Why does this function start swinging up and down so weirdly

Please have a look at the function: $$f(x) = \left(x + \frac{1}{x^x}\right)^x - x^x$$

You may see the plot on Wolfram Alpha.

Why does it have such a weird behaviour from $x = 13$? It starts swinging up and down so weirdly!

Using the binomial theorem, we get $$ \begin{align} \left(x+\frac1{x^x}\right)^x-x^x &=x^x\left[\left(1+\frac1{x^{x+1}}\right)^x-1\right]\\ &=x^x\left[\frac1{x^x}+\frac{x-1}2\frac1{x^{2x+1}}+O\left(\frac1{x^{3x}}\right)\right]\\ &=1+\frac1{2x^x}+O\left(\frac1{x^{x+1}}\right) \end{align} $$ If you are getting wild oscillations or quantized output, it is probably due to truncation error.
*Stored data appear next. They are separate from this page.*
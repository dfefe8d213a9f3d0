-- ===== src/TcpServer/Connections.antt =====
-- The connections of a server, from accepting them to destroying them.
use learn_for_cpp.Base.{ℕ, ◌≡◌, some, List, [], ◌∷◌, ◌++◌}
use learn_for_cpp.Acceptor.{Accept}
use learn_for_cpp.TcpServer.{
  Server, new_server, new_pool, set_thread_num, start, listen_in_loop, accept_event,
  remove_connection_in_loop,
}
use learn_for_cpp.TcpServer.Inv.{Inv}
use learn_for_cpp.TcpServer.Steps.{begin-Inv, listen-Inv, accept-Inv, remove-Inv}

-- A server that was given a number of threads starts, listens, accepts connections and removes them.
pub data Runs (start_loop : ℕ → ℕ) (base threads : ℕ) : List Accept → Server → Type 0 where
  begins :
      {s : Server} (fd : ℕ)
      → start start_loop
          (record (new_server base fd) { pool = set_thread_num (new_pool base) threads })
        ≡ some s
      → Runs start_loop base threads [] s
  listens :
      {rs : List Accept} {s s' : Server}
      → Runs start_loop base threads rs s
      → listen_in_loop s ≡ some s'
      → Runs start_loop base threads rs s'
  accepts :
      {rs : List Accept} {s s' : Server} (r : Accept)
      → Runs start_loop base threads rs s
      → accept_event s r ≡ some s'
      → Runs start_loop base threads (rs ++ (r ∷ [])) s'
  removes :
      {rs : List Accept} {s s' : Server} (n : ℕ)
      → Runs start_loop base threads rs s
      → remove_connection_in_loop s n ≡ some s'
      → Runs start_loop base threads rs s'

-- Whatever `accept4` returns to a server: the descriptors that it gave are those of the connections
-- numbered from 1 on, in order, and none was closed instead; the connections in the map, and those
-- removed, have numbers given before and the loop of the server.
pub Inv-Runs :
    (start_loop : ℕ → ℕ) (base threads : ℕ) (rs : List Accept) (s : Server)
    → Runs start_loop base threads rs s
    → Inv start_loop base threads rs s
Inv-Runs start_loop base threads rs s (begins fd r) = begin-Inv start_loop base threads s fd r
Inv-Runs start_loop base threads rs s' (listens {s} run r) =
    listen-Inv start_loop base threads rs s s' (Inv-Runs start_loop base threads rs s run) r
Inv-Runs start_loop base threads rs s' (accepts {rs = qs} {s} a run r) =
    accept-Inv start_loop base threads qs s s' a (Inv-Runs start_loop base threads qs s run) r
Inv-Runs start_loop base threads rs s' (removes {s} n run r) =
    remove-Inv start_loop base threads rs s s' n (Inv-Runs start_loop base threads rs s run) r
The bottleneck actually seems to be in the computation of $x+\frac1{x^x}$ since IEEE double precision arithmetic only has a $53$ bit mantissa. $13$ has $4$ bits and $13^{-13}$ has $48$ zeros after the binary point before the first non-zero bit. So there is just barely enough precision to note that there is a difference between $x+\frac1{x^x}$ and $x$. Any imprecision in the computation would completely overwhelm this difference and cause extreme problems in the final computation.

Yes, almost certainly floating point error.

$$f(x)= x^x\left(\left(1+\frac{1}{x^{x+1}}\right)^x-1\right)$$

For $x$ large, $\left(1+\frac{1}{x^{x+1}}\right)^x = 1+\frac{1}{x^x}+O(x^{-2x})$

So $f(x)=1+ O(x^{-x})$.